松下:でも、やりたいことを好き放題やるって意味では、すでに土壌は作ってあるわけじゃないですか。『DOD』があって『ニーア』があって、ある種の“ヨコオイズム”みたいなものはもう認知されているというか、そこは柴プロデューサーだって認めてていると思いますが。

ヨコオ:『DOD1』を作って、すごい暗いものを作ったと言われて、だったら『ニーア』はまったく違うものを作ろうと思ったんですけどね。いわゆる『週刊少年ジャンプ』っぽいものを作ろうと思って。

野村:前にもお聞きしました。

ヨコオ:僕、『ニーア』を『ジャンプ』っぽいものに仕上げようと思って、一生懸命『ジャンプ』を読みながらシナリオを書いて。『ジャンプ』作品って、ピンチになると仲間が助けにきてくれるじゃないですか。だからそういうのをがんばって入れたりとか、ものすごく意識を改めた作品なんですよ。

松下:仲間が助けに……砂漠の王のことですかね。

『ドラッグ オン ドラグーン3』
▲砂漠の王とのエピソードなど、『ニーア』には少年マンガ的な演出がいくつも用意されている。いくつも用意されているはずなのに……。

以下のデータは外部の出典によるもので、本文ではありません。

-- ===== src/Pricing/Charges/Requests.antt =====
-- What a request costs that is billed by requests: part of `calculatePrice` of internal/app/pricing.go.
use lite_api.Common.{
  ℕ, if◌then◌else◌, ◌==◌, nat_eq, string_eq, text_eq, Text, Bool, false, ◌&&◌, ◌||◌, List, [], ◌∷◌,
  Option, none, some,
}
use lite_api.Common.Errors.{Result, ok, err, ◌>>=◌, bad}
use lite_api.Common.Rat.{Rat, whole, ◌*ℚ◌, is_positive}
use lite_api.Pricing.Numbers.{Price, rat}
use lite_api.Pricing.Cards.Intervals.{Card, Interval}
use lite_api.Pricing.Charges.Tokens.{
  Audio, no_audio, bad_audio, audio, Usage, interval_at, or_price,
}

-- `iv.PerRequest != nil && rat(*iv.PerRequest).Sign() > 0`.
unfoldable pub set_positive : Price → Bool
set_positive none = false
set_positive (some n) = is_positive (rat n)

-- The loop over the intervals for the label of the request.
unfoldable pub labelled_price : Text → List Interval → Price
labelled_price label [] = none
labelled_price label (iv ∷ ivs) =
    if iv.label == label && set_positive iv.per_request
    then iv.per_request
    else labelled_price label ivs

unfoldable pub tier_price : Price → Option Interval → Price
tier_price price none = price
tier_price price (some iv) = if set_positive iv.per_request then iv.per_request else price

-- The price of a request: of its label, else of its context, else of the card.
unfoldable pub request_price : Card → Text → ℕ → Price
request_price p label context =
    if label == []
    then tier_price p.per_request (interval_at context p.intervals)
    else or_price (labelled_price label p.intervals)
        (tier_price p.per_request (interval_at context p.intervals))

-- The units of a request, but for audio.
unfoldable pub request_units : Bool → Usage → Result Rat
request_units is_video u =
    if is_video
    then (if u.video_count == 0 || u.video_seconds == 0
        then err (bad "video pricing requires video usage")
        else ok (whole u.video_count *ℚ whole u.video_seconds))
    else ok (whole (if u.requests == 0 then 1 else u.requests))

unfoldable pub audio_or : Audio → Rat → Result Rat
audio_or no_audio units = ok units
audio_or bad_audio units = err (bad "invalid audio usage units")
audio_or (audio r) units = ok r

-- The charge by requests.
unfoldable pub request_total : Bool → Usage → Rat → Price → Result Rat
request_total is_video u multiplier none = err (bad "no price for request tier")
request_total is_video u multiplier (some price) = do
  units ← request_units is_video u
  charged ← audio_or u.audio_units units
  ok (rat price *ℚ charged *ℚ multiplier)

ヨコオ:そうそう。王道少年マンガっぽく盛り上げたつもりだったんですけど、いざでき上がってみたら、やっぱり『DOD1』と似てるって言われたんですよね。どこかしら通じるものがあるそうで。

松下:それは、ヨコオさんの作家性なんじゃないですか?

ヨコオ:いや、作家性というよりは、自分でも気づかなかったところに隙があって、そういうのが漏れ出たっていう認識ですね。穴があった。

松下:でも、それをみんな愛しているわけじゃないですか。極端な話。

ヨコオ:だけど、それは失敗なんですよ。

松下:そうですかね? だって、作品を作る時って自分の色を出したいと思うんじゃないんですか? 特にディレクターって。

ヨコオ:僕はあまりないですね、そういう感覚。遊んだお客さんが「わーっ!!」ってなる瞬間が好きなのであって。

松下:それがある種、ヨコオさんの持っている色じゃなくてもいいってことですか?

ヨコオ:すごく暗い商品が売れたとして、それの続編を作れって言われた時、すごく意見が分かれると思うんです。だって、暗い商品を作った後に、また単純に暗いものを作っても、そこに驚きはないじゃないですか。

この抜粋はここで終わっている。